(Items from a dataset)
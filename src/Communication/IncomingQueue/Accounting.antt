-- ===== src/Communication/IncomingQueue/Accounting.antt =====
-- What the counted size of the incoming queue stands for.
mod Tests
use lib_py.Base.{
  ℕ, zero, suc, ◌+◌, ◌-◌, ◌≤◌, ◌<◌, ◌≡◌, ◌≢◌, refl, ◌∙◌, ◌⊎◌, inl, inr, Bool, true, false, Option,
  none, some, List, [], ◌∷◌, ◌++◌, length, take, drop, ltb, leb, if◌then◌else◌, Bool-cases,
  Option-cases, arith,
}
use lib_py.Base.Bytes.{Bytes}
use lib_py.Communication.MessagePow.{nonce_size, leading_zero_bits, message_difficulty}
use lib_py.Communication.IncomingQueue.{
  Item, Queue, Outcome, accepted, too_short, low_difficulty, full, stopped, still_full,
  item_overhead, item_of, reserve, put, second_try, enqueue_incoming, Verdict, undecodable,
  handshake, unknown_peer, undecryptable, dispatched, give_back, take_item, process_incoming,
}

-- The bytes that the items of the queue account for.
abbrev pub pending : List Item → ℕ
pending [] = 0
pending (item ∷ rest) = item.accounted_size + pending rest

pub pending-append :
    (l : List Item) (item : Item) → pending (l ++ item ∷ []) ≡ pending l + item.accounted_size
pending-append [] item = omega arith
pending-append (x ∷ l) item = omega (arith, pending-append l item)

-- What happens to the queue, one locked section at a time: a payload arrives, an arrival that has
-- waited for space tries again, or the processor takes an item. Between an arrival and its second
-- try there may be any others. The second try of any payload is allowed at any time.
pub data Event : Type 0 where
  arrive : Bytes → Event
  try_again : Bytes → Event
  take_one : Event

module _ (blake3 : Bytes → Bytes) (verdict : Bytes → Verdict) where
  pub step : Event → Queue → Queue
  step (arrive payload) q = (enqueue_incoming blake3 (λ _. none) false payload q).0
  step (try_again payload) q = (second_try payload q (some q)).0
  step take_one q = process_incoming verdict q

  pub run : List Event → Queue → Queue
  run [] q = q
  run (e ∷ events) q = run events (step e q)

  -- The bytes that the processor takes from the queue and does not give back.
  pub kept_back : Verdict → ℕ → ℕ
  kept_back dispatched n = 0
  kept_back _ n = n

  pub lost : List Item → ℕ
  lost [] = 0
  lost (item ∷ rest) = kept_back (verdict item.message) item.accounted_size

  pub step_lost : Event → Queue → ℕ
  step_lost (arrive payload) q = 0
  step_lost (try_again payload) q = 0
  step_lost take_one q = lost q.items

  pub leaked : List Event → Queue → ℕ
  leaked [] q = 0
  leaked (e ∷ events) q = step_lost e q + leaked events (step e q)

  enqueue_accounts :
      (payload : Bytes) (q : Queue) (gone : ℕ)
      → q.size ≡ pending q.items + gone
      → let q' = (enqueue_incoming blake3 (λ _. none) false payload q).0 in
        (q'.size ≡ pending q'.items + gone) × (q'.limit ≡ q.limit)
  unfolding enqueue_incoming reserve put
  enqueue_accounts payload q gone h = ground (arith, pending-append q.items (item_of payload))

  try_again_accounts :
      (payload : Bytes) (q : Queue) (gone : ℕ)
      → q.size ≡ pending q.items + gone
      → let q' = (second_try payload q (some q)).0 in
        (q'.size ≡ pending q'.items + gone) × (q'.limit ≡ q.limit)
  unfolding second_try reserve put
  try_again_accounts payload q gone h = ground (arith, pending-append q.items (item_of payload))

  take_accounts :
      (items : List Item) (q : Queue) (gone : ℕ)
      → q.size ≡ pending items + gone
      → q.items ≡ items
      → let q' = take_item verdict q items in
        (q'.size ≡ pending q'.items + (lost items + gone)) × (q'.limit ≡ q.limit)
  unfolding take_item give_back lost kept_back
  take_accounts [] q gone h same = (rw same (omega arith), refl)
  take_accounts (item ∷ rest) q gone h same = ground arith

  step_accounts :
      (e : Event) (q : Queue) (gone : ℕ)
      → q.size ≡ pending q.items + gone
      → ((step e q).size ≡ pending (step e q).items + (step_lost e q + gone))
        × ((step e q).limit ≡ q.limit)
  unfolding step step_lost process_incoming
  step_accounts (arrive payload) q gone h =
      let (kept, limit) = enqueue_accounts payload q gone h in (omega arith, limit)
  step_accounts (try_again payload) q gone h =
      let (kept, limit) = try_again_accounts payload q gone h in (omega arith, limit)
  step_accounts take_one q gone h = take_accounts q.items q gone h refl

  run_accounts :
      (events : List Event) (q : Queue) (gone : ℕ)
      → q.size ≡ pending q.items + gone
      → ((run events q).size ≡ pending (run events q).items + (leaked events q + gone))
        × ((run events q).limit ≡ q.limit)
  unfolding run leaked
  run_accounts [] q gone h = (omega arith, refl)
  run_accounts (e ∷ events) q gone h =
      let (kept, limit) = step_accounts e q gone h in
      let (size, limit') = run_accounts events (step e q) (step_lost e q + gone) kept in
      (omega arith, limit' ∙ limit)

  enqueue_fits :
      (payload : Bytes) (q : Queue)
      → q.size ≤ q.limit
      → (enqueue_incoming blake3 (λ _. none) false payload q).0.size ≤ q.limit
  unfolding enqueue_incoming reserve put
  enqueue_fits payload q h = ground arith

  try_again_fits :
      (payload : Bytes) (q : Queue)
      → q.size ≤ q.limit
      → (second_try payload q (some q)).0.size ≤ q.limit
  unfolding second_try reserve put
  try_again_fits payload q h = ground arith

  take_item-size : (items : List Item) (q : Queue) → (take_item verdict q items).size ≤ q.size
  unfolding take_item give_back
  take_item-size [] q = omega arith
  take_item-size (item ∷ rest) q = ground arith

  take_fits :
      (items : List Item) (q : Queue)
      → q.size ≤ q.limit
      → (take_item verdict q items).size ≤ q.limit
  take_fits items q h = omega (arith, take_item-size items q)

  step_fits : (e : Event) (q : Queue) → q.size ≤ q.limit → (step e q).size ≤ q.limit
  unfolding step process_incoming
  step_fits (arrive payload) q h = enqueue_fits payload q h
  step_fits (try_again payload) q h = try_again_fits payload q h
  step_fits take_one q h = take_fits q.items q h

  run_fits :
      (events : List Event) (q : Queue) (gone : ℕ)
      → q.size ≡ pending q.items + gone
      → q.size ≤ q.limit
      → (run events q).size ≤ q.limit
  unfolding run
  run_fits [] q gone h fits = fits
  run_fits (e ∷ events) q gone h fits =
      let (kept, limit) = step_accounts e q gone h in
      let here : (step e q).size ≤ (step e q).limit = rw limit (step_fits e q fits) in
      omega (arith, run_fits events (step e q) (step_lost e q + gone) kept here, limit)

  -- An arrival that finds no space leaves the queue to the others, and where it waits, its second try
  -- is on what they have made of the queue.
  waits_is_try_again :
      (payload : Bytes) (during : List Event) (q : Queue)
      → (enqueue_incoming blake3 (λ _. none) false payload q).1 ≡ full
      → ((enqueue_incoming blake3 (λ _. none) false payload q).0 ≡ q)
        × ((enqueue_incoming blake3 (λ b. some (run during b)) true payload q).0
            ≡ (second_try payload (run during q) (some (run during q))).0)
  unfolding enqueue_incoming second_try
  waits_is_try_again payload during q refused =
      elim (Bool-cases (leb (length payload) nonce_size)) [
        | inl short ↦ cc (rw (enqueue_incoming, short) at refused)
        | inr long ↦
            let zeros =
              leading_zero_bits (blake3 (drop nonce_size payload ++ take nonce_size payload)) in
            elim (Bool-cases (ltb zeros (message_difficulty q.size q.limit))) [
              | inl low ↦ cc (rw (enqueue_incoming, long, low) at refused)
              | inr high ↦ elim (Option-cases (reserve (length payload + item_overhead) q)) [
                | inr (held, fits) ↦ cc (rw (enqueue_incoming, long, high, fits) at refused)
                | inl no_space ↦ (
                  rw (enqueue_incoming, long, high, no_space) refl,
                  rw (enqueue_incoming, long, high, no_space) refl,
                )
              ]
            ]
      ]

  -- A payload that the queue has no room for is refused, and changes nothing.
  no_room :
      (wait : Queue → Option Queue) (payload : Bytes) (q : Queue)
      → q.limit < q.size + 15
      → ((enqueue_incoming blake3 wait false payload q).0 ≡ q)
        × ((enqueue_incoming blake3 wait false payload q).1 ≢ accepted)
  unfolding enqueue_incoming reserve
  no_room wait payload q h = (ground arith, λ e. ground arith)

abbrev pub empty_queue : ℕ → Queue
empty_queue limit = record { size = 0; limit = limit; items = [] }

-- From an empty queue, after any sequence of arrivals, of second tries of arrivals that have waited
-- for space and of rounds of the processor, the counted size is the bytes of the items in the queue
-- and the bytes of the messages that the processor took and did not dispatch; and it is within the
-- limit.
pub run_size :
    (blake3 : Bytes → Bytes) (verdict : Bytes → Verdict) (events : List Event) (limit : ℕ)
    → let q = run blake3 verdict events (empty_queue limit) in
      (q.size ≡ pending q.items + leaked blake3 verdict events (empty_queue limit))
      × (q.size ≤ limit)
run_size blake3 verdict events limit =
    let (size, same) = run_accounts blake3 verdict events (empty_queue limit) 0 refl in
    (omega arith, run_fits blake3 verdict events (empty_queue limit) 0 refl (omega arith))

-- Once the processor has left messages undispatched that account for more than the limit less 15
-- bytes, a node that does not wait for space refuses every further payload.
pub leak_jams :
    (blake3 : Bytes → Bytes) (verdict : Bytes → Verdict) (events : List Event) (limit : ℕ)
    (wait : Queue → Option Queue) (payload : Bytes)
    → limit < leaked blake3 verdict events (empty_queue limit) + 15
    → let q = run blake3 verdict events (empty_queue limit) in
      ((enqueue_incoming blake3 wait false payload q).0 ≡ q)
      × ((enqueue_incoming blake3 wait false payload q).1 ≢ accepted)
leak_jams blake3 verdict events limit wait payload h =
    let (size, same) = run_accounts blake3 verdict events (empty_queue limit) 0 refl in
    no_room blake3 verdict wait payload (run blake3 verdict events (empty_queue limit))
      (omega arith)

-- With a limit of 0 a node that does not wait refuses every payload, whatever is in the queue, and
-- the queue stays as it is.
pub limit_zero :
    (blake3 : Bytes → Bytes) (wait : Queue → Option Queue) (payload : Bytes) (q : Queue)
    → q.limit ≡ 0
    → ((enqueue_incoming blake3 wait false payload q).0 ≡ q)
      × ((enqueue_incoming blake3 wait false payload q).1 ≢ accepted)
unfolding enqueue_incoming reserve
limit_zero blake3 wait payload q h = (ground arith, λ e. ground arith)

Aim of the task — Looking at the data above, how many lines hold the word "Communication"? Respond with the number alone.

Answer to the problem — 4